I just automatically slip knit one..so far so good. I am on row 49...I am not a very fast knitter.


----------



## GDW (Nov 3, 2011)

slip stitch means simply move the stitch from the left needle to the right needle. You can slip it knitwise or purlwise, which ever you find easiest.


----------



## Norma (Jan 27, 2011)

I tested your pattern and it worked out great.
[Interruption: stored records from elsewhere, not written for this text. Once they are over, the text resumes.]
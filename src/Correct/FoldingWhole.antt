-- ===== src/Correct/FoldingWhole.antt =====
-- `optimizeBoundExpr` keeps the meaning of every bound expression: induction on the expression.
use mathlib.Core.Path.{subst}
use risk_engine.Prelude.{
  ◌≡◌, refl, sym, ◌∙◌, ap, Bool, true, false, Option, none, some, Bool-cases, inl, inr,
}
use risk_engine.Outcome.{Outcome, ok, ◌>>=◌, bind-eq-ok, bind_congr}
use mathlib.Core.Bool.{and-eq-true_iff}
use risk_engine.Operators.{BinaryOp, UnaryOp, ValueType, FunctionName}
use risk_engine.Schema.{FieldPtr}
use risk_engine.Value.{Value, list, object, ValueMap, values, insert}
use risk_engine.Accessor.{EvalContext}
use risk_engine.Runtime.{Floats, truthy_bool}
use risk_engine.Evaluator.{eval_binary_op, eval_conditional}
use risk_engine.Bound.{
  BoundExpr, literal, factor_ref, unary, binary, conditional, function_call, BoundExprs, nil, cons,
  BoundEntries, empty, entry, eval, eval_args, eval_entries, run_unary, UnaryEvaluator,
  FunctionEvaluator, run_function,
}
use risk_engine.Bytecode.Fold.{
  as_literal, is_literal, all_literal, all_literal_entries, optimize_bound_expr, optimize_args,
  optimize_entries, fold_node, fold_unary, fold_binary, fold_conditional,
}
use risk_engine.Correct.WellBound.{
  WellBound, WellBoundArgs, WellBoundEntries, BoolOperands, BoolOperandsArgs, BoolOperandsEntries,
  unary_op_of, function_name_of,
}
use risk_engine.Correct.Opcodes.{ok_injective}
use risk_engine.Correct.Folding.{
  Preserves, Preserves-trans, Preserves-refl, fold_to-Preserves, as_literal-eval,
  fold_binary-Preserves,
}

module _ {D : Type 0} ⦃fl : Floats D⦄ where
  -- The same for the arguments of a call and for the entries of a map.
  record PreservesArgs (es es' : BoundExprs D) : Type 0 where
    bound : WellBoundArgs es'
    same : (ctx : EvalContext D) → eval_args es' ctx ≡ eval_args es ctx
    bools : (ctx : EvalContext D) → BoolOperandsArgs es ctx → BoolOperandsArgs es' ctx

  record PreservesEntries (es es' : BoundEntries D) : Type 0 where
    bound : WellBoundEntries es'
    same : (ctx : EvalContext D) (m : ValueMap D) → eval_entries es' ctx m ≡ eval_entries es ctx m
    bools : (ctx : EvalContext D) → BoolOperandsEntries es ctx → BoolOperandsEntries es' ctx

  -- A literal needs no context.
  literal_closed :
      (e : BoundExpr D) (ctx ctx' : EvalContext D) → is_literal e ≡ true → eval e ctx ≡ eval e ctx'
  unfolding is_literal eval
  literal_closed (literal v t f) ctx ctx' h = refl
  literal_closed e ctx ctx' h = cc

  args_closed :
      (es : BoundExprs D) (ctx ctx' : EvalContext D)
      → all_literal es ≡ true
      → eval_args es ctx ≡ eval_args es ctx'
  unfolding all_literal eval
  args_closed nil ctx ctx' h = refl
  args_closed (cons e es) ctx ctx' h =
      let (h₁, h₂) = (and-eq-true_iff (is_literal e) (all_literal es)).0 h in
      rw (literal_closed e ctx ctx' h₁, args_closed es ctx ctx' h₂) refl

  entries_closed :
      (es : BoundEntries D) (ctx ctx' : EvalContext D) (m : ValueMap D)
      → all_literal_entries es ≡ true
      → eval_entries es ctx m ≡ eval_entries es ctx' m
  unfolding all_literal_entries eval
  entries_closed empty ctx ctx' m h = refl
  entries_closed (entry k e es) ctx ctx' m h =
      let (h₁, h₂) = (and-eq-true_iff (is_literal e) (all_literal_entries es)).0 h in
      ap (λ o. o >>= λ v. eval_entries es ctx (insert k v m)) (literal_closed e ctx ctx' h₁)
      ∙ bind_congr (eval e ctx') (λ v. entries_closed es ctx ctx' (insert k v m) h₂)

  fold_node-Preserves :
      (literals : Bool) (e e' : BoundExpr D) (t : ValueType) (f : FieldPtr)
      → fold_node literals e t f ≡ ok e'
      → WellBound e
      → (literals ≡ true → (ctx : EvalContext D) → eval e ctx ≡ eval e ValueMap.empty)
      → Preserves e e'
  unfolding fold_node
  fold_node-Preserves true e e' t f h w closed = fold_to-Preserves e e' t f _ h w (closed refl)
  fold_node-Preserves false e e' t f h w closed =
      subst (Preserves e) (ok_injective h) (Preserves-refl w)

  fold_unary-Preserves :
      (op : UnaryOp) (e e' : BoundExpr D) (t : ValueType) (f : FieldPtr) (ev : UnaryEvaluator)
      (o : Option (Value D))
      → fold_unary (unary op e t f ev) o ≡ ok e'
      → WellBound (unary op e t f ev)
      → ((v : Value D) → o ≡ some v → (ctx : EvalContext D) → eval e ctx ≡ ok v)
      → Preserves (unary op e t f ev) e'
  unfolding fold_unary eval
  fold_unary-Preserves op e e' t f ev none h w known =
      subst (Preserves (unary op e t f ev)) (ok_injective h) (Preserves-refl w)
  fold_unary-Preserves op e e' t f ev (some v) h w known =
      fold_to-Preserves (unary op e t f ev) e' t f (run_unary ev v) h w
        (λ ctx. rw (known v refl ctx) refl)

  pick-Preserves :
      (c a b : BoundExpr D) (t : ValueType) (f : FieldPtr) (o : Option (Value D))
      → as_literal c ≡ o
      → WellBound (conditional c a b t f)
      → Preserves (conditional c a b t f) (fold_conditional c a b t f)
  unfolding fold_conditional eval eval_conditional
  pick-Preserves c a b t f none e w = rw (fold_conditional, e) (Preserves-refl w)
  pick-Preserves c a b t f (some v) e w = elim (Bool-cases (truthy_bool v)) [
    | inl h ↦
        rw (fold_conditional, e, h)
          (record {
            bound = w.1;
            same = λ ctx. rw (as_literal-eval c v e ctx, h) refl;
            bools = λ ctx q. q.1;
          })
    | inr h ↦
        rw (fold_conditional, e, h)
          (record {
            bound = w.2;
            same = λ ctx. rw (as_literal-eval c v e ctx, h) refl;
            bools = λ ctx q. q.2;
          })
  ]

  -- The nodes over parts that are kept.
  unary-Preserves :
      (op : UnaryOp) (e e' : BoundExpr D) (t : ValueType) (f : FieldPtr) (ev : UnaryEvaluator)
      → op ≡ unary_op_of ev
      → Preserves e e'
      → Preserves (unary op e t f ev) (unary op e' t f ev)
  unfolding eval
  unary-Preserves op e e' t f ev w p = record {
    bound = (w, p.bound);
    same = λ ctx. ap (λ o. o >>= run_unary ev) (p.same ctx);
    bools = p.bools;
  }

  binary-Preserves :
      (op : BinaryOp) (l l' r r' : BoundExpr D) (t : ValueType) (f : FieldPtr)
      → Preserves l l'
      → Preserves r r'
      → Preserves (binary op l r t f (eval_binary_op op)) (binary op l' r' t f (eval_binary_op op))
  unfolding eval
  binary-Preserves op l l' r r' t f p q = record {
    bound = (refl, p.bound, q.bound);
    same = λ ctx. rw (p.same ctx, q.same ctx) refl;
    bools = λ ctx h.
        (λ needs v e. h.0 needs v (sym (q.same ctx) ∙ e), p.bools ctx h.1, q.bools ctx h.2);
  }

  conditional-Preserves :
      (c c' a a' b b' : BoundExpr D) (t : ValueType) (f : FieldPtr)
      → Preserves c c'
      → Preserves a a'
      → Preserves b b'
      → Preserves (conditional c a b t f) (conditional c' a' b' t f)
  unfolding eval
  conditional-Preserves c c' a a' b b' t f p q r = record {
    bound = (p.bound, q.bound, r.bound);
    same = λ ctx. rw (p.same ctx, q.same ctx, r.same ctx) refl;
    bools = λ ctx h. (p.bools ctx h.0, q.bools ctx h.1, r.bools ctx h.2);
  }

  call-Preserves :
      (name : FunctionName) (es es' : BoundExprs D) (t : ValueType) (f : FieldPtr)
      (ev : FunctionEvaluator)
      → name ≡ function_name_of ev
      → PreservesArgs es es'
      → Preserves (function_call name es t f ev) (function_call name es' t f ev)
  unfolding eval
  call-Preserves name es es' t f ev w p = record {
    bound = (w, p.bound);
    same = λ ctx. ap (λ o. o >>= run_function ev) (p.same ctx);
    bools = p.bools;
  }

  list-Preserves :
      (es es' : BoundExprs D) (t u : ValueType) (f : FieldPtr)
      → PreservesArgs es es'
      → Preserves (BoundExpr.list es t u f) (BoundExpr.list es' t u f)
  unfolding eval
  list-Preserves es es' t u f p = record {
    bound = p.bound;
    same = λ ctx. ap (λ o. o >>= λ vs. ok (list (values vs))) (p.same ctx);
    bools = p.bools;
  }

  map-Preserves :
      (es es' : BoundEntries D) (t u : ValueType) (f : FieldPtr)
      → PreservesEntries es es'
      → Preserves (BoundExpr.map es t u f) (BoundExpr.map es' t u f)
  unfolding eval
  map-Preserves es es' t u f p = record {
    bound = p.bound;
    same = λ ctx. ap (λ o. o >>= λ m. ok (object m)) (p.same ctx ValueMap.empty);
    bools = p.bools;
  }

  mutual
    unfolding optimize_bound_expr eval

    optimize-Preserves :
        (e e' : BoundExpr D) → optimize_bound_expr e ≡ ok e' → WellBound e → Preserves e e'
    optimize-Preserves (literal v t f) e' h w =
        subst (Preserves (literal v t f)) (ok_injective h) (Preserves-refl w)
    optimize-Preserves (factor_ref r a t f) e' h w =
        subst (Preserves (factor_ref r a t f)) (ok_injective h) (Preserves-refl w)
    optimize-Preserves (BoundExpr.list es t u f) e' h w =
        let (es', h₁, h₂) =
          bind-eq-ok (optimize_args es)
            (λ es'. fold_node (all_literal es') (BoundExpr.list es' t u f) t f) h in
        let p = optimize_args-Preserves es es' h₁ w in
        Preserves-trans (list-Preserves es es' t u f p) (
          fold_node-Preserves (all_literal es') (BoundExpr.list es' t u f) e' t f h₂ p.bound
            (λ closed ctx.
              ap (λ o. o >>= λ vs. ok (list (values vs)))
                (args_closed es' ctx ValueMap.empty closed)))
    optimize-Preserves (BoundExpr.map es t u f) e' h w =
        let (es', h₁, h₂) =
          bind-eq-ok (optimize_entries es)
            (λ es'. fold_node (all_literal_entries es') (BoundExpr.map es' t u f) t f) h in
        let p = optimize_entries-Preserves es es' h₁ w in
        Preserves-trans (map-Preserves es es' t u f p) (
          fold_node-Preserves (all_literal_entries es') (BoundExpr.map es' t u f) e' t f h₂ p.bound
            (λ closed ctx.
              ap (λ o. o >>= λ m. ok (object m))
                (entries_closed es' ctx ValueMap.empty ValueMap.empty closed)))
    optimize-Preserves (unary op e t f ev) e' h w =
        let (x, h₁, h₂) =
          bind-eq-ok (optimize_bound_expr e) (λ x. fold_unary (unary op x t f ev) (as_literal x))
            h in
        let p = optimize-Preserves e x h₁ w.1 in
        Preserves-trans (unary-Preserves op e x t f ev w.0 p)
          (fold_unary-Preserves op x e' t f ev (as_literal x) h₂ (w.0, p.bound) (as_literal-eval x))
    optimize-Preserves (binary op l r t f ev) e' h w =
        let fold : BoundExpr D → BoundExpr D → Outcome (BoundExpr D) =
          λ x y. fold_binary (binary op x y t f ev) op t f ev (as_literal x) (as_literal y) in
        let (x, h₁, h₂) =
          bind-eq-ok (optimize_bound_expr l) (λ x. optimize_bound_expr r >>= λ y. fold x y) h in
        let (y, h₃, h₄) = bind-eq-ok (optimize_bound_expr r) (λ y. fold x y) h₂ in
        let p = optimize-Preserves l x h₁ w.1 in
        let q = optimize-Preserves r y h₃ w.2 in
        subst (λ z. Preserves (binary op l r t f z) e') (sym w.0)
          (Preserves-trans (binary-Preserves op l x r y t f p q) (
            fold_binary-Preserves x y t f op (as_literal x) (as_literal y) e'
              (subst
                (λ z.
                  fold_binary (binary op x y t f z) op t f z (as_literal x) (as_literal y) ≡ ok e')
                w.0 h₄)
              p.bound q.bound (as_literal-eval x) (as_literal-eval y)))
    optimize-Preserves (conditional c a b t f) e' h w =
        let (x, h₁, h₂) =
          bind-eq-ok (optimize_bound_expr c)
            (λ x. optimize_bound_expr a >>= λ y.
              optimize_bound_expr b >>= λ z. ok (fold_conditional x y z t f))
            h in
        let (y, h₃, h₄) =
          bind-eq-ok (optimize_bound_expr a)
            (λ y. optimize_bound_expr b >>= λ z. ok (fold_conditional x y z t f)) h₂ in
        let (z, h₅, h₆) =
          bind-eq-ok (optimize_bound_expr b) (λ z. ok (fold_conditional x y z t f)) h₄ in
        let p = optimize-Preserves c x h₁ w.0 in
        let q = optimize-Preserves a y h₃ w.1 in
        let r = optimize-Preserves b z h₅ w.2 in
        subst (Preserves (conditional c a b t f)) (ok_injective h₆) (
          Preserves-trans (conditional-Preserves c x a y b z t f p q r)
            (pick-Preserves x y z t f (as_literal x) refl (p.bound, q.bound, r.bound)))
    optimize-Preserves (function_call name es t f ev) e' h w =
        let (es', h₁, h₂) =
          bind-eq-ok (optimize_args es)
            (λ es'. fold_node (all_literal es') (function_call name es' t f ev) t f) h in
        let p = optimize_args-Preserves es es' h₁ w.1 in
        Preserves-trans (call-Preserves name es es' t f ev w.0 p) (
          fold_node-Preserves (all_literal es') (function_call name es' t f ev) e' t f h₂
            (w.0, p.bound)
            (λ closed ctx.
              ap (λ o. o >>= run_function ev) (args_closed es' ctx ValueMap.empty closed)))

    optimize_args-Preserves :
        (es es' : BoundExprs D)
        → optimize_args es ≡ ok es'
        → WellBoundArgs es
        → PreservesArgs es es'
    optimize_args-Preserves nil es' h w =
        subst (PreservesArgs nil) (ok_injective h)
          (record { bound = tt; same = λ ctx. refl; bools = λ ctx q. tt })
    optimize_args-Preserves (cons e es) es' h w =
        let (x, h₁, h₂) =
          bind-eq-ok (optimize_bound_expr e) (λ x. optimize_args es >>= λ xs. ok (cons x xs)) h in
        let (xs, h₃, h₄) = bind-eq-ok (optimize_args es) (λ xs. ok (cons x xs)) h₂ in
        let p = optimize-Preserves e x h₁ w.0 in
        let q = optimize_args-Preserves es xs h₃ w.1 in
        subst (PreservesArgs (cons e es)) (ok_injective h₄) (record {
          bound = (p.bound, q.bound);
          same = λ ctx. rw (p.same ctx, q.same ctx) refl;
          bools = λ ctx b. (p.bools ctx b.0, q.bools ctx b.1);
        })

    optimize_entries-Preserves :
        (es es' : BoundEntries D)
        → optimize_entries es ≡ ok es'
        → WellBoundEntries es
        → PreservesEntries es es'
    optimize_entries-Preserves empty es' h w =
        subst (PreservesEntries empty) (ok_injective h)
          (record { bound = tt; same = λ ctx m. refl; bools = λ ctx q. tt })
    optimize_entries-Preserves (entry k e es) es' h w =
        let (x, h₁, h₂) =
          bind-eq-ok (optimize_bound_expr e) (λ x. optimize_entries es >>= λ xs. ok (entry k x xs))
            h in
        let (xs, h₃, h₄) = bind-eq-ok (optimize_entries es) (λ xs. ok (entry k x xs)) h₂ in
        let p = optimize-Preserves e x h₁ w.0 in
        let q = optimize_entries-Preserves es xs h₃ w.1 in
        subst (PreservesEntries (entry k e es)) (ok_injective h₄) (record {
          bound = (p.bound, q.bound);
          same = λ ctx m.
              ap (λ o. o >>= λ v. eval_entries xs ctx (insert k v m)) (p.same ctx)
              ∙ bind_congr (eval e ctx) (λ v. q.same ctx (insert k v m));
          bools = λ ctx b. (p.bools ctx b.0, q.bools ctx b.1);
        })

  -- Constant folding keeps what a well-bound expression evaluates to, value, error or panic, in
  -- every context, and the result is well bound.
  pub eval-optimize_bound_expr :
      (e e' : BoundExpr D)
      → optimize_bound_expr e ≡ ok e'
      → WellBound e
      → ((ctx : EvalContext D) → eval e' ctx ≡ eval e ctx) × WellBound e'
  eval-optimize_bound_expr e e' h w = let p = optimize-Preserves e e' h w in (p.same, p.bound)

  pub optimize_bound_expr-BoolOperands :
      (e e' : BoundExpr D)
      → optimize_bound_expr e ≡ ok e'
      → WellBound e
      → (ctx : EvalContext D) → BoolOperands e ctx
      → BoolOperands e' ctx
  optimize_bound_expr-BoolOperands e e' h w = (optimize-Preserves e e' h w).bools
When you said to slip knit I thought you meant slip as to knit, so that is what I did. I knitted it in cotton. It will make a nice wash cloth. Thank you.


----------



## Edith M (Aug 10, 2011)

Tried your pattern and can find no fault with it. It makes a very nice dish cloth.


----------



## SylviaC (Aug 14, 2011)

Just got onto KP so I haven't tried it yet - sounds like it is OK by the comments I have read. So I will copy the pattern and try it out later.
Thanks for posting, it looks like it will make a good dishcloth and a different pattern block for a sampler afghan too.


----------



## knittingwitch (Dec 6, 2011)

I knitted this pattern and its worked out the same way as your picture I followed the pattern all the way through and mine looks the same as yours.


----------



## Ronie (Jan 21, 2011)

Its my guess that if you if you made it more clear on the pattern what you mean by slip knit it would be better, its the term slip knit that seems to have thrown the pattern and those knitting it off... otherwise this is a great cloth.... Thanks for posting..


----------



## LoriRuth (Apr 14, 2012)

The pattern worked great...I did knit on the first set of slips and then on the 2nd half I did purls..made no difference.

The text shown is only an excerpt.